**Exercise prompt**
From the records below, copy the lines that include "where".

**Exercise materials**
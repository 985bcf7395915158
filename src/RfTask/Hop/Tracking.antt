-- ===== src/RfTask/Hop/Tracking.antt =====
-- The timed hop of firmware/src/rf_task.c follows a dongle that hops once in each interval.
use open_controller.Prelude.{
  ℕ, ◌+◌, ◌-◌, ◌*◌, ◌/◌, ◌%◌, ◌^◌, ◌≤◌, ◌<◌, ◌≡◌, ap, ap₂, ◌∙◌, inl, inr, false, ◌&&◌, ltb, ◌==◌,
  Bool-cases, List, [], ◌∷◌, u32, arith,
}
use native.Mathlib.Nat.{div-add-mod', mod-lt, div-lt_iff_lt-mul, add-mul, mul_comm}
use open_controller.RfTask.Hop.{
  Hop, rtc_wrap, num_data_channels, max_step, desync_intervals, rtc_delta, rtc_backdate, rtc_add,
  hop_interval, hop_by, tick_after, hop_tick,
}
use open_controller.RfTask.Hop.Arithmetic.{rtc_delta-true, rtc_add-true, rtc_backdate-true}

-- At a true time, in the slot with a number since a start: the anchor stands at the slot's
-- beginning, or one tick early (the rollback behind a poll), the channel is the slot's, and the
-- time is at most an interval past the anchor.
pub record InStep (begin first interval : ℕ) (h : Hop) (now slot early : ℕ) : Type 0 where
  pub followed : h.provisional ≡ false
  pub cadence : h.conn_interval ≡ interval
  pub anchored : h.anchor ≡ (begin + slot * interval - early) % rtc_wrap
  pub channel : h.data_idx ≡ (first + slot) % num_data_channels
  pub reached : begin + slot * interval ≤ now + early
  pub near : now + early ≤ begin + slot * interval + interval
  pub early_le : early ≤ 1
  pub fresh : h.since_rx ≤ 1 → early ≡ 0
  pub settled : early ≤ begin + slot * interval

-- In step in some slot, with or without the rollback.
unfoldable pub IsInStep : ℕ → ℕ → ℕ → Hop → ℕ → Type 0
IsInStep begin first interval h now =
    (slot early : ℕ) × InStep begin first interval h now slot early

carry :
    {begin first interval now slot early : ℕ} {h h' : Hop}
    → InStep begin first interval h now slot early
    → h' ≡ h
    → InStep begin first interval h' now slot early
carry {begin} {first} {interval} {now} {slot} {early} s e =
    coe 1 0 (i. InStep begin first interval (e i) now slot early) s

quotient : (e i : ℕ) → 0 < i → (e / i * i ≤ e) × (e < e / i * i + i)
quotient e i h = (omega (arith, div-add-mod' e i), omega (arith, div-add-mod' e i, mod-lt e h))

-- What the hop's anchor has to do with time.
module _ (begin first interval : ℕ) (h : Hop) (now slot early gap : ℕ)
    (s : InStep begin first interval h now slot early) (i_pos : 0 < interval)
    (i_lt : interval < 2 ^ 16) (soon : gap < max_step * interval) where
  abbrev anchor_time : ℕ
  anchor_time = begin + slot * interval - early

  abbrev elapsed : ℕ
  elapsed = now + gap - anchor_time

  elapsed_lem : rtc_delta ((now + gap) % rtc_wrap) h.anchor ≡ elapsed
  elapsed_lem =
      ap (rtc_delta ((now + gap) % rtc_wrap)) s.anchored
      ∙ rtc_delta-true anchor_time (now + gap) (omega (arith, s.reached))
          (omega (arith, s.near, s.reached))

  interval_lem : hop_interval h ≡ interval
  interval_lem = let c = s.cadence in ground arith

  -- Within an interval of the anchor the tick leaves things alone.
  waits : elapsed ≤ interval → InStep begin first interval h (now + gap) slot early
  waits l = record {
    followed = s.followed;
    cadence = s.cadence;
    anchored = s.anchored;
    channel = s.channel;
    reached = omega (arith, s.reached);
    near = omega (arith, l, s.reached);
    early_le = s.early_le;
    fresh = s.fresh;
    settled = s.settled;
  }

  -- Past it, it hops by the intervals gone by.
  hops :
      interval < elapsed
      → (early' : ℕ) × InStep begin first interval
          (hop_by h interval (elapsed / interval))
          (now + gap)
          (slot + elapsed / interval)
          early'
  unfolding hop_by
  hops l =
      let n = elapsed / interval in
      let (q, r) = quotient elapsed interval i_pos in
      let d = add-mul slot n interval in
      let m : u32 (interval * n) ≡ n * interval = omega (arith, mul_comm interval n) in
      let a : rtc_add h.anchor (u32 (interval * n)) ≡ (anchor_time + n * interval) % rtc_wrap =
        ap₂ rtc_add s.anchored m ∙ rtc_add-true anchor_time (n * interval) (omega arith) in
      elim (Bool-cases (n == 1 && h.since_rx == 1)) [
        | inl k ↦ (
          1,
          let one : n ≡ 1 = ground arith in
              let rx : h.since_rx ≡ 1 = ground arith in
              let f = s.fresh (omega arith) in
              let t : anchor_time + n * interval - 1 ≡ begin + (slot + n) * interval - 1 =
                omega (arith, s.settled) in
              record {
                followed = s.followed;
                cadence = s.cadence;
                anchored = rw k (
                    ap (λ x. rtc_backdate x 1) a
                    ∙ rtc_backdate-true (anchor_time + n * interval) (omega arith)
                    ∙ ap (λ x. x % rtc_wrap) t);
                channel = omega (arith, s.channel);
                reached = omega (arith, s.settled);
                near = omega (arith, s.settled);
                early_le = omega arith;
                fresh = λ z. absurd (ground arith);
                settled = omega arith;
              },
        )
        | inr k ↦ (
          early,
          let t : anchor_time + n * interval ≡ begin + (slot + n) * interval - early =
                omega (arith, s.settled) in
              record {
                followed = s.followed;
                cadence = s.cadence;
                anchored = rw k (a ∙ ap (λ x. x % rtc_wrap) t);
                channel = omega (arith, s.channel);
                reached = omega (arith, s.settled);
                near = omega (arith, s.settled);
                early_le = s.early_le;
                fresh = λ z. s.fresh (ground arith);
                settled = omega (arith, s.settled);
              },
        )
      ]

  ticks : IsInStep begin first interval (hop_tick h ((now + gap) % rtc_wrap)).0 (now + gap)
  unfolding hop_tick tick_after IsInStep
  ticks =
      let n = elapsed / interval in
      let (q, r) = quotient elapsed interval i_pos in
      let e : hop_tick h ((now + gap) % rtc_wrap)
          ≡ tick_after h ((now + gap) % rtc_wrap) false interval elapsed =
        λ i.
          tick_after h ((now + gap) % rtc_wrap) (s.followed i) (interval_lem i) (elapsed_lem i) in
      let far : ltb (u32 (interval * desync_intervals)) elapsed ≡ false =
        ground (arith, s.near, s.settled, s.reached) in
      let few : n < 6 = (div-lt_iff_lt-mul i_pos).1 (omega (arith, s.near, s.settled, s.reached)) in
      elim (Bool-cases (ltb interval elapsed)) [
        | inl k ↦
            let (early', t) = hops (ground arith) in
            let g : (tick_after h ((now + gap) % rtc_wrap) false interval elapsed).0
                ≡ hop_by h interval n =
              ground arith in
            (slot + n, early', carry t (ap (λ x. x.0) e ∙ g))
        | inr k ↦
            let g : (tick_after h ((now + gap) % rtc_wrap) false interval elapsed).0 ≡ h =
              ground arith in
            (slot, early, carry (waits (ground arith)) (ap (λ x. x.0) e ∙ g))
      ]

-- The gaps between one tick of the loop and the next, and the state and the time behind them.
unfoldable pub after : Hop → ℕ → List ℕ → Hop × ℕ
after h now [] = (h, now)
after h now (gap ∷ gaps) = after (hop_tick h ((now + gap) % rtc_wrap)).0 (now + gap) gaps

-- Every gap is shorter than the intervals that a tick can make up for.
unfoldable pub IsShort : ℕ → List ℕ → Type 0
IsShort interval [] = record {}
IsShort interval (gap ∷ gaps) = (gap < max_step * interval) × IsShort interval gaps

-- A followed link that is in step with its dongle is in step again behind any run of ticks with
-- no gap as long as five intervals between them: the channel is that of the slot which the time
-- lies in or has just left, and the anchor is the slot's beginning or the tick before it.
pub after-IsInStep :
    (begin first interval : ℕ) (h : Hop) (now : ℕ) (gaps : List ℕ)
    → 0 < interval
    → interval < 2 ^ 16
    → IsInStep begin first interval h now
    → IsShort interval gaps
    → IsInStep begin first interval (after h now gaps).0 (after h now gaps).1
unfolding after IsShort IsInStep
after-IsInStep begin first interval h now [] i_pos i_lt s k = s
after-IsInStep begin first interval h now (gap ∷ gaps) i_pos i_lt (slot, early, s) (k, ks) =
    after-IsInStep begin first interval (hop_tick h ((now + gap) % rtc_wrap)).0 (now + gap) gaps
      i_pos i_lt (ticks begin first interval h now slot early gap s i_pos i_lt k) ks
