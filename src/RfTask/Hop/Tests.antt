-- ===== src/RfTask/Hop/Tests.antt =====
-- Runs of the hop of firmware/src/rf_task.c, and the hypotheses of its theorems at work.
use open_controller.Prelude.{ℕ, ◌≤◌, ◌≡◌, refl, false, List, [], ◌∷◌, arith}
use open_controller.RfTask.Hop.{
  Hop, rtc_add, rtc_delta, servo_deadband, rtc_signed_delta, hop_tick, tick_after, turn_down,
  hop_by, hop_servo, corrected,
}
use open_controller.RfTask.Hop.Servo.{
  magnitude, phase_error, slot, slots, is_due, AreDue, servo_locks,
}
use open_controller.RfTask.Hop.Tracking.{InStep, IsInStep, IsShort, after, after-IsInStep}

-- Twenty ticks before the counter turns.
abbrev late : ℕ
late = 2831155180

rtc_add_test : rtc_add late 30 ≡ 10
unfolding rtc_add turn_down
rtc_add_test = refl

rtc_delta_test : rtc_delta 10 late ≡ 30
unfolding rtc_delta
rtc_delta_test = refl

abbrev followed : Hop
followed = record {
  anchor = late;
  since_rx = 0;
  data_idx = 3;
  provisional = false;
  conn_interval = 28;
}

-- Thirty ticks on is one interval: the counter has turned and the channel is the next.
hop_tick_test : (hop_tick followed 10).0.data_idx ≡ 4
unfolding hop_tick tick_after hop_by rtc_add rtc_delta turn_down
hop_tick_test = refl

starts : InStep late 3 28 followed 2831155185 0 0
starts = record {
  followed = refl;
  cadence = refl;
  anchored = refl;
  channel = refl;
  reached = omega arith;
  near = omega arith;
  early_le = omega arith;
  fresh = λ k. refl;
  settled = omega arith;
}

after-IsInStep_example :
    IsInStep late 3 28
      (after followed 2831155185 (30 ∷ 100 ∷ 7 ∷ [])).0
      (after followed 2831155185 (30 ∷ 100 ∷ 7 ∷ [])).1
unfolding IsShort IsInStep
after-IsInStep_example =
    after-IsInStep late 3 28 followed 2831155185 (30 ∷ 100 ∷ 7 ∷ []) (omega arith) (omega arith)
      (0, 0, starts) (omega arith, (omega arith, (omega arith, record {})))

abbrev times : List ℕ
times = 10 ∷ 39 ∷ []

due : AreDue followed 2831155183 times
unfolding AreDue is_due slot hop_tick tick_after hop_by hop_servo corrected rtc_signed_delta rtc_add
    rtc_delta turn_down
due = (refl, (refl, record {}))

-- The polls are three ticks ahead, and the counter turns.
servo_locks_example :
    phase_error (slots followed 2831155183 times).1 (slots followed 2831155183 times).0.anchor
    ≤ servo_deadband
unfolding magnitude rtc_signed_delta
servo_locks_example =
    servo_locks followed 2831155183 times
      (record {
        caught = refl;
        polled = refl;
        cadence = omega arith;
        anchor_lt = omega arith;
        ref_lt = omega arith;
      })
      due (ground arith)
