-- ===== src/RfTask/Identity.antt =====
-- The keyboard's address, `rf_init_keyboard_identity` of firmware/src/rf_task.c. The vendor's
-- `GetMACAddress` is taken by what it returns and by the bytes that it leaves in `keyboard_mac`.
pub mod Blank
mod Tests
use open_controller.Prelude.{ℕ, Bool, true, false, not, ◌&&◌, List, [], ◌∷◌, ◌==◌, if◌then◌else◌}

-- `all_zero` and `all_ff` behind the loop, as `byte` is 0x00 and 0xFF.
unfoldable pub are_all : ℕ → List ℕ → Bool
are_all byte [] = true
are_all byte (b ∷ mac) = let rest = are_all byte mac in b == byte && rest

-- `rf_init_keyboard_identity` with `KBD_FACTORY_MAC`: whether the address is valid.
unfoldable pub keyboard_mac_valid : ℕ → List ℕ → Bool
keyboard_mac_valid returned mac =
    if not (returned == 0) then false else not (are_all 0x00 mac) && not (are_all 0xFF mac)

**Solved exercise**
pub record InStep (begin first interval : ℕ) (h : Hop) (now slot early : ℕ) : Type 0 where
    (i_lt : interval < 2 ^ 16) (soon : gap < max_step * interval) where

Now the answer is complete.